S.C. General Assembly Continues Funding Attacks

By Paul Gable

The S.C. General Assembly continues to move forward with impunity on bills that will cause funding problems for local governments around the state.

H.3374, which deals with the local government fund, has already passed the House and lies in the Senate Finance Committee awaiting action.

The local government fund, now proposed to be renamed the Local Government Revenue Sharing Fund, ostensibly returns a portion of state revenue to counties to help pay for state mandated offices. These include courts, solicitors, magistrates, public defenders, election commission, DSS, county health departments and the like.

Over the past six state budgets, the state general fund has increased by approximately $1 billion in revenue or 18.2 percent. Over the same time, the S.C. General Assembly, ignoring its own law, has cut the local government fund approximately $67.5 million or 24.1 percent.

If H.3374 becomes law, this underfunding would become permanent allowing the S.C. General Assembly to spend more tax money on things like giving $1 billion in tax relief to Boeing while local governments have to use more property tax dollars to fund state mandated agencies.
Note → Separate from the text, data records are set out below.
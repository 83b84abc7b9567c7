-- ===== src/Risk/Breaker.antt =====
-- src/risk/mod.rs: the circuit breaker over a whole history of calls. A history lists the calls
-- with the instant of each.
use solana_atomic_arbitrage.Base.{
  ℕ, ◌+◌, ◌*◌, ◌≤◌, ◌≡◌, ◌⊎◌, inl, inr, Bool, true, false, List, [], ◌∷◌, some, refl, All,
  Option-cases, if_ind, arith,
}
use solana_atomic_arbitrage.Base.Float.{Float}
use solana_atomic_arbitrage.Risk.{
  RiskTracker, Opportunity, RiskConfig, breaker_cooldown_secs, new, check_limits, pass_breaker,
  clear_breaker, roll_date, apply_limits, trip_projected, record_submitted, record_confirmation,
  check_circuit_breaker, count_confirmation, add_pnl,
}
use solana_atomic_arbitrage.Risk.Limits.{MayTrade, IsWithinLimits, pnl_today, check_limits_iff}

pub data Call {ℓ} (F : Type ℓ) : Type ℓ where
  checked : Opportunity F → ℕ → Call F
  submitted : Call F
  confirmed : F → Bool → Call F

module _ {ℓ} {F : Type ℓ} ⦃f : Float F⦄ where
  unfoldable pub step : RiskConfig F → RiskTracker F → ℕ × Call F → RiskTracker F
  step risk t (now, checked opp today) = (check_limits t opp risk now today).0
  step risk t (now, submitted) = record_submitted t
  step risk t (now, confirmed pnl succeeded) = record_confirmation t pnl succeeded risk now

  unfoldable pub run : RiskConfig F → RiskTracker F → List (ℕ × Call F) → RiskTracker F
  run risk t [] = t
  run risk t (c ∷ cs) = run risk (step risk t c) cs

  -- A day's loss beyond the limit has tripped the breaker, and a tripped breaker has its instant.
  pub record IsGuarded (risk : RiskConfig F) (latest : ℕ) (t : RiskTracker F) : Type 0 where
    pub loss_blocks :
        (t.circuit_breaker ≡ true) ⊎ (f.lt t.daily_pnl_sol (f.neg risk.max_daily_loss_sol) ≡ false)
    pub blocked_at :
        (t.circuit_breaker ≡ false)
        ⊎ ((triggered : ℕ) × (t.breaker_triggered_at ≡ some triggered) × (triggered ≤ latest))

  IsGuarded-MayTrade :
      {risk : RiskConfig F} {latest : ℕ} (t : RiskTracker F) (now : ℕ)
      → IsGuarded risk latest t
      → latest + breaker_cooldown_secs * 1_000_000_000 ≤ now
      → MayTrade t now
  IsGuarded-MayTrade t now g late = elim g.blocked_at [
    | inl off ↦ inl off
    | inr (triggered, e, h) ↦ inr (triggered, e, omega arith)
  ]

  module _ (risk : RiskConfig F) (latest : ℕ)
      (limit : f.lt f.zero_f64 (f.neg risk.max_daily_loss_sol) ≡ false) where
    clear_breaker-IsGuarded : (t : RiskTracker F) → IsGuarded risk latest (clear_breaker t)
    unfolding clear_breaker
    clear_breaker-IsGuarded t = ground arith

    roll_date-IsGuarded :
        (t : RiskTracker F) (today : ℕ)
        → IsGuarded risk latest t
        → IsGuarded risk latest (roll_date t today)
    unfolding roll_date
    roll_date-IsGuarded t today g = ground arith

    just_tripped :
        (t : RiskTracker F) (now : ℕ)
        → now ≤ latest
        → t.circuit_breaker ≡ true
        → t.breaker_triggered_at ≡ some now
        → IsGuarded risk latest t
    just_tripped t now h on at = record { loss_blocks = inl on; blocked_at = inr (now, at, h) }

    -- A result of the day that the breaker is then checked against.
    check_circuit_breaker-IsGuarded :
        (t : RiskTracker F) (now : ℕ)
        → now ≤ latest
        → ((t.circuit_breaker ≡ false)
            ⊎ ((triggered : ℕ) × (t.breaker_triggered_at ≡ some triggered) × (triggered ≤ latest)))
        → IsGuarded risk latest (check_circuit_breaker t risk now)
    unfolding check_circuit_breaker
    check_circuit_breaker-IsGuarded t now h b =
        if_ind (IsGuarded risk latest) _ (λ _. just_tripped _ now h refl refl)
          (λ small. record { loss_blocks = inr small; blocked_at = b })

    apply_limits-IsGuarded :
        (t : RiskTracker F) (opp : Opportunity F) (now : ℕ)
        → now ≤ latest
        → IsGuarded risk latest t
        → IsGuarded risk latest (apply_limits t opp risk now).0
    unfolding apply_limits trip_projected
    apply_limits-IsGuarded t opp now h g =
        ground (arith, just_tripped (trip_projected t risk now) now h refl refl)

    pass_breaker-IsGuarded :
        (t t' : RiskTracker F) (now : ℕ)
        → pass_breaker t now ≡ some t'
        → IsGuarded risk latest t
        → IsGuarded risk latest t'
    unfolding pass_breaker
    pass_breaker-IsGuarded t t' now e g = ground (arith, clear_breaker-IsGuarded t)

    check_limits-IsGuarded :
        (t : RiskTracker F) (opp : Opportunity F) (now today : ℕ)
        → now ≤ latest
        → IsGuarded risk latest t
        → IsGuarded risk latest (check_limits t opp risk now today).0
    unfolding check_limits
    check_limits-IsGuarded t opp now today h g = elim (Option-cases (pass_breaker t now)) [
      | inl e ↦ ground arith
      | inr (t', e) ↦
          let passed : IsGuarded risk latest t' = pass_breaker-IsGuarded t t' now e g in
          let rolled : IsGuarded risk latest (roll_date t' today) =
            roll_date-IsGuarded t' today passed in
          ground (arith, apply_limits-IsGuarded (roll_date t' today) opp now h rolled)
    ]

    step-IsGuarded :
        (t : RiskTracker F) (c : ℕ × Call F)
        → c.0 ≤ latest
        → IsGuarded risk latest t
        → IsGuarded risk latest (step risk t c)
    unfolding step record_submitted record_confirmation count_confirmation add_pnl
    step-IsGuarded t (now, checked opp today) h g = check_limits-IsGuarded t opp now today h g
    step-IsGuarded t (now, submitted) h g = ground arith
    step-IsGuarded t (now, confirmed pnl true) h g =
        check_circuit_breaker-IsGuarded _ now h g.blocked_at
    step-IsGuarded t (now, confirmed pnl false) h g =
        check_circuit_breaker-IsGuarded _ now h g.blocked_at

    run-IsGuarded_from :
        (t : RiskTracker F) (cs : List (ℕ × Call F))
        → All (λ (c : ℕ × Call F). c.0 ≤ latest) cs
        → IsGuarded risk latest t
        → IsGuarded risk latest (run risk t cs)
    unfolding run
    run-IsGuarded_from t [] h g = g
    run-IsGuarded_from t (c ∷ cs) (h, hs) g =
        run-IsGuarded_from (step risk t c) cs hs (step-IsGuarded t c h g)

    -- After every history of checks, submissions and confirmations whose instants are at most the
    -- latest, from a new tracker, a day's result below the loss limit has tripped the breaker, and
    -- a tripped breaker has an instant up to the latest, if a result of zero is not below the
    -- limit.
    pub run-IsGuarded :
        (date : ℕ) (cs : List (ℕ × Call F))
        → All (λ (c : ℕ × Call F). c.0 ≤ latest) cs
        → IsGuarded risk latest (run risk (new date) cs)
    unfolding new
    run-IsGuarded date cs h = run-IsGuarded_from (new date) cs h (ground arith)

    -- After every history of calls whose instants are at most the latest, from a new tracker, a
    -- trade that is within the limits is admitted from 1800 seconds after the latest on, if a
    -- result of zero is not below the loss limit: no breaker blocks for ever.
    pub run-check_limits_recovers :
        (date : ℕ) (cs : List (ℕ × Call F)) (opp : Opportunity F) (now today : ℕ)
        → All (λ (c : ℕ × Call F). c.0 ≤ latest) cs
        → latest + breaker_cooldown_secs * 1_000_000_000 ≤ now
        → IsWithinLimits (pnl_today (run risk (new date) cs) today) opp risk
        → (check_limits (run risk (new date) cs) opp risk now today).1 ≡ true
    run-check_limits_recovers date cs opp now today h late good =
        (check_limits_iff _ opp risk now today).1
          (IsGuarded-MayTrade _ now (run-IsGuarded date cs h) late, good)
This is just another example of how bribing corporations to locate in the state, in the name of economic development, hits average taxpayers in the pocket. That’s the part of the economic development story you never hear Gov. Nikki Haley or state lawmakers talk about.

In like fashion, the proposal to essentially force counties to take over maintenance responsibilities and costs for approximately 50 percent of current state maintained roads remains alive and well in Columbia.

H.3579 remains the S.C. House preferred bill on road funding. It is scheduled for a hearing in a House Ways and Means subcommittee on Tuesday.

The bill intends to transfer 50 percent of state roads to counties if the counties do not specifically opt out of taking the roads. But, it is not county government that makes the decision, although it would be responsible for maintaining the roads.

Instead, that decision would be made by a newly reconstituted County Transportation Committee, appointed by the respective county’s legislative delegation.

Additionally, while the bill would slightly increase C Funds, the percentage of state gas tax that is returned to counties, it again bypasses county government by giving the funds to the CTC.

But, the twain between C Funds and county road maintenance costs does not have to meet. Nothing in the law requires the CTC to give the C Funds to the county. The C Funds will only fund a small amount of the overall maintenance costs to counties even if they do come to county government.

This third party agency, the CTC, gets to make all the decisions but have none of the responsibility and the whole program is underfunded anyway.

The S.C. General Assembly will continue to keep most of the tax dollars collected for road maintenance while passing off 50 percent of the roads it currently maintains to the counties.

Isn’t this what state government complains about the feds doing?